Apologies for the mistakes. Let's correct the solution:
Let's denote the cost of a glue stick as x.
Lilly selects 5 markers, 2 poster boards, and 1 glue stick. The cost of 5 markers would be 5 * $2.59 = $12.95. The cost of 2 poster boards would be 2 * $5.59 = $11.18. Therefore, the total cost of Lilly's items would be $12.95 + $11.18 + x.

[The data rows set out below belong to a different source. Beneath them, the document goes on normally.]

-- ===== src/Lib.antt =====
-- The preprocessing worker of SFA for Enduro, in the order in which a package passes through it.
--
-- The preprocessing workflow (internal/workflows/preprocessing.go) receives a SIP, checks it, submits
-- its metadata to APIS and writes the preservation package; the poststorage workflow
-- (internal/workflows/poststorage.go) later delivers the METS file of the stored AIP to APIS. The
-- two share the metadata of internal/apis/custom_metadata.go. Both talk to APIS through the
-- activities of internal/apis, and hack/apis-mock serves APIS for local development.
--
-- Workflow: a workflow is a state monad (`Wf`). The state is the list of activities that were run,
--   newest first, each with its arguments and its answer, and the workflow's result. A function goes
--   on with a value or stops the workflow. `Workflow.Ensures` has the rules for reasoning about it.
-- Childwf: the results of github.com/artefactual-sdps/enduro/pkg/childwf, which are parameters, with
--   the laws on the outcome that the workflows rely on.
-- Preprocessing: `Execute`. `Events` has the activities, and the environment that answers each of
--   them as a function of all that was run before, so that every theorem holds for any behaviour of
--   the activities. `Intake`, `Validation`, `Import` and `Packaging` have the stages, and `Execute`
--   composes them. Where a helper of the source returns false after it recorded a failure, the model
--   stops the workflow, since `Execute` returns its result there. `Invariant` and `Trace` carry the
--   two proofs about complete runs.
-- Poststorage: `Execute`, `SessionHandler` and `getApisMetadata`. `Invariant`, `Sessions`, `Delivery`
--   and `Retries` hold what is proved about the loop over the sessions.
-- Apis: `Metadata` is internal/apis/custom_metadata.go, `Status` the types of internal/apis/gen that
--   are read, `Poll` the two polling activities, `Create` the two that post, `Client` is
--   internal/apis/client.go with the worker's set-up of the client.
-- Amss: internal/amss, over the contents of the files.
-- ApisMock: hack/apis-mock/internal/mock/server.go, with the polling activities run against it.
-- Activities: internal/activities. `ValidateStructure`, `VerifyManifest`, `TransformSip`, `Unbag` (with
--   internal/localact/is_bag.go) and `WriteIdentifierFile` are the files of these names; `AddPremis` has
--   those that add objects, events and agents, `AddPremisValidation` the one that adds an event for each
--   file a validator checks.
-- FileOps: the calls that change the file tree, as a state monad over the calls so far; each call is
--   answered by the environment. `Follows` and `Succeeds` have the rules for reasoning about it.
-- Manifest: internal/manifest/manifest.go, on the tokens of Go's encoding/xml.
-- Identifiers: internal/identifiers/identifiers.go.
-- Persistence: internal/persistence/ent/client and internal/localact/check_duplicate.go, over a
--   database that is a parameter with the laws of its unique index. `Registry` is the abstract view.
-- Formats: internal/fformat, internal/fvalidate and internal/activities/validate_files.go.
-- Config: internal/config/config.go and internal/apis/config.go.
-- Sip, Pips: internal/sip, internal/enums and internal/pips.
-- Premis: internal/premis. `Xml` is etree, a parameter with its laws, `Document` the functions that
--   change a document, `Order` and `Entities` the order of the entities, `Edits` sequences of edits.
-- Regexp: regular expressions, for `SIP.HasValidName` in `Sip.Names`.
-- FileSystem, FilePath: internal/fsutil, and the functions of Go's path/filepath that are used.
-- Prelude: the names that all modules share, and the functions of Go's strings, strconv, slices and
--   fmt. `Maps` has Go's maps: a `range` visits the entries in an order that is a parameter. `Sets` has
--   the sets of golang-set as a parameter with its laws, and `Integers` Go's int and time.Duration.
--
-- The file tree, the activities' answers, JSON, the digests, UUIDs, the database, viper, siegfried and
-- the run commands, `fsutil` of go.artefactual.dev/tools and the answers of APIS are parameters. The
-- loop over sessions recurs on the attempts that are left, five at the start, as in the source. The
-- polling loops end only by an answer: they recur on fuel, without a result when it is used up, and
-- the theorems on the mock service give fuel that is enough. `%q` keeps the characters beyond ASCII,
-- and `strings.ToLower` is written out for ASCII. The search in a PREMIS document has an answer for every
-- name, where etree panics for one with an apostrophe. Times, logs, and the timeouts and retries of Temporal
-- are not modelled. Neither are generated code, the start of the worker, and the remaining
-- activities of internal/activities.
pub mod Prelude
pub mod FilePath
pub mod FileSystem
pub mod Sip
pub mod Childwf
pub mod Workflow
pub mod Premis
pub mod Apis
pub mod Amss
pub mod Pips
pub mod Preprocessing
pub mod Poststorage
pub mod ApisMock
pub mod Activities
pub mod Manifest
pub mod Identifiers
pub mod Persistence
pub mod FileOps
pub mod Config
pub mod Formats
pub mod Regexp
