-- ===== src/Activities.antt =====
-- internal/activities: the activities that check a package.
pub mod ValidateStructure
-- This one compares the package with its manifest.
pub mod VerifyManifest
-- This one writes the identifiers of the restructured package.
pub mod WriteIdentifierFile
-- These two rearrange the package.
pub mod TransformSip
pub mod Unbag
-- These write the PREMIS file.
pub mod AddPremis
pub mod AddPremisValidation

Samuel selects 3 markers, 3 poster boards, and 1 glue stick. The cost of 3 markers would be 3 * $2.59 = $7.77. The cost of 3 poster boards would be 3 * $5.59 = $16.77. Therefore, the total cost of Samuel's items would be $7.77 + $16.77 + x.
The total cost for their combined purchase was $49.57.
So, we can create the equation:
($12.95 + $11.18 + x) + ($7.77 + $16.77 + x) = $49.57
Simplifying the equation, we get:
$24.13 + 2x = $49.57
To solve for x, we subtract $24.13 from both sides:
2x = $49.57 - $24.13
2x = $25.44
Then, divide both sides by 2:
x = $25.44 / 2
x = $12.72
Therefore, the cost of a glue stick is $12.72.
To determine how much each person should pay, we need to calculate the total cost for each person's items.
Lilly would pay for 5 markers, 2 poster boards, and 1 glue stick, which totals to $12.95 + $11.18 + $12.72 = $36.85.
Samuel would pay for 3 markers, 3 poster boards, and 1 glue stick, which totals to $7.77 + $16.77 + $12.72 = $37.26.
Therefore, Lilly should pay $36.85 and Samuel should pay $37.26.